Klarinet Archive - Posting 001053.txt from 2003/03

From: "Alan Woodcock" <alan.woodcock@-----.fr>
Subj: Re: [kl] Cylinders vs. Cones
Date: Wed, 26 Mar 2003 02:51:38 -0500

My point (well, Mr Ferron's point, actually) was that not all cones overblow
at the octave, and most cones hardly overblow at all. (In fact, they hardly
blow).

Mr Ferron was not proposing that non-overblowing cones are useful,
he was just demonstrating their existance and explaining why.
I thought this relevant in the context.

Maybe everybody but me had already understood this. Still, it leaves me
perplexed. Who first discovered the "right" cone that made octaves
possible?
Surely not a theoretician ! Since discovering the right cone by trial
and error seems a difficult job, why was the cylindrical clarinet "invented"
after the oboe ?

Sorry if this thread is over by the time you get this; I'm another of those
people who cannot read their mail in real time.

Alan

----- Original Message -----
From: "B. Rite" <b1rite@-----.net>
Subject: Re: [kl] Cylinders vs. Cones

<><> Alan Woodcock wrote:
50 + 55 = 105 Hz
150 + 55 = 205 Hz
250 + 55 = 305 Hz etc

"The instrument will be mistuned and difficult to play [snip] So in
summary: Not all cones overblow at the octave.

I guess I miss the point here. It is possible (and usually
inescapable) to build any instrument a bit out of tune because of
physical practicalities. End effects do exist because an instrument
cannot be infinitely long (in the real world), air has inertia, a
mouthpiece cannot be perfectly conical or cylindrical, the reed or
player's breath creates an "elastic" boundary, etc etc etc.

Many instruments have intentional 'restrictions' (narrowing of bore)
even though, by definition) this violates a perfect cylinder or cone.
These restrictions are necessary in order to cope with a mouthpiece's
"irregular" shape. to cope with the "elastic" boundary, etc etc etc.

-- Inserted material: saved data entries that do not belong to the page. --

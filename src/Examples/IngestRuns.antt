-- ===== src/Examples/IngestRuns.antt =====
-- Runs of the ingest service: an event with content, a source that is off, and a whole batch.
use traceboard.Prelude.{true, false, none, some, [], ◌∷◌, ◌≡◌, ◌==◌, refl}
use traceboard.Event.{null, text, end, field, Event}
use traceboard.Event.Maps
use traceboard.Event.Maps.{or_empty}
use traceboard.Event.Mode.{off, detailed}
use traceboard.Event.EventType.{is_known_type}
use traceboard.Redact.{default_rules}
use traceboard.Store.{empty_db}
use traceboard.Ingest.{ingest}
use traceboard.Ingest.Setup.{Service, Tools, default_limits, capture_mode, find_mode}
use traceboard.Ingest.Prepare.{prepare, output_event}
use traceboard.Ingest.Kept.{prepare-mode, prepare-withheld}
use traceboard.Ingest.Counts.{counted, ingest_total}
use traceboard.Examples.{platform, clock, sample}

abbrev pub tools : Tools
tools = record { trim_space = λ s. s; digest = λ s. "0123"; rfc3339_nano = λ at. "now" }

abbrev pub service : Service
service = record {
  rules = default_rules;
  limits = default_limits;
  modes = ("claude", "off") ∷ ("pi", "detailed") ∷ [];
}

-- An event that calls itself detailed, from a source in the default mode.
abbrev prompt : Event
prompt = record (sample "evt_1" "prompt.received") {
  capture = some (field "mode" (text "detailed") end);
  content = some (field "prompt" (text "a secret plan") end);
  raw = text "raw";
}

abbrev kept : Event
kept = output_event platform tools service 100 prompt (capture_mode service "codex")

prompt_prepared : prepare platform tools service 100 prompt ≡ some kept
unfolding prepare capture_mode find_mode
prompt_prepared = refl

prepare-mode_example :
    (Maps.lookup "mode" (or_empty kept.capture) ≡ some (text (capture_mode service "codex")))
    × (is_known_type kept.type ≡ true)
prepare-mode_example = prepare-mode platform tools service 100 prompt kept refl prompt_prepared

not_detailed : (capture_mode service "codex" == detailed) ≡ false
unfolding capture_mode find_mode
not_detailed = refl

prepare-withheld_example :
    (kept.content ≡ none) × (kept.raw ≡ null) × ((capture_mode service "codex" == off) ≡ false)
prepare-withheld_example =
    prepare-withheld platform tools service 100 prompt kept refl not_detailed prompt_prepared

ingest_total_example :
    counted
      (ingest platform tools service clock clock
        (prompt ∷ sample "evt_2" "run.completed" ∷ record prompt { source = "claude" } ∷ [])
        empty_db).0.0
    ≡ 3
ingest_total_example =
    ingest_total platform tools service clock clock
      (prompt ∷ sample "evt_2" "run.completed" ∷ record prompt { source = "claude" } ∷ []) empty_db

Clearly the principle of "octave or twelfth" can be violated in many
ways. The topic of this thread has been to examine one particular
violation (combination of violations, actually) which --- as it turns
out --- also destroys much of the instrument's otherwise playable scale.
It's questionable, therefore, whether you can even call a device with
this particular violation(s) an "instrument" at all.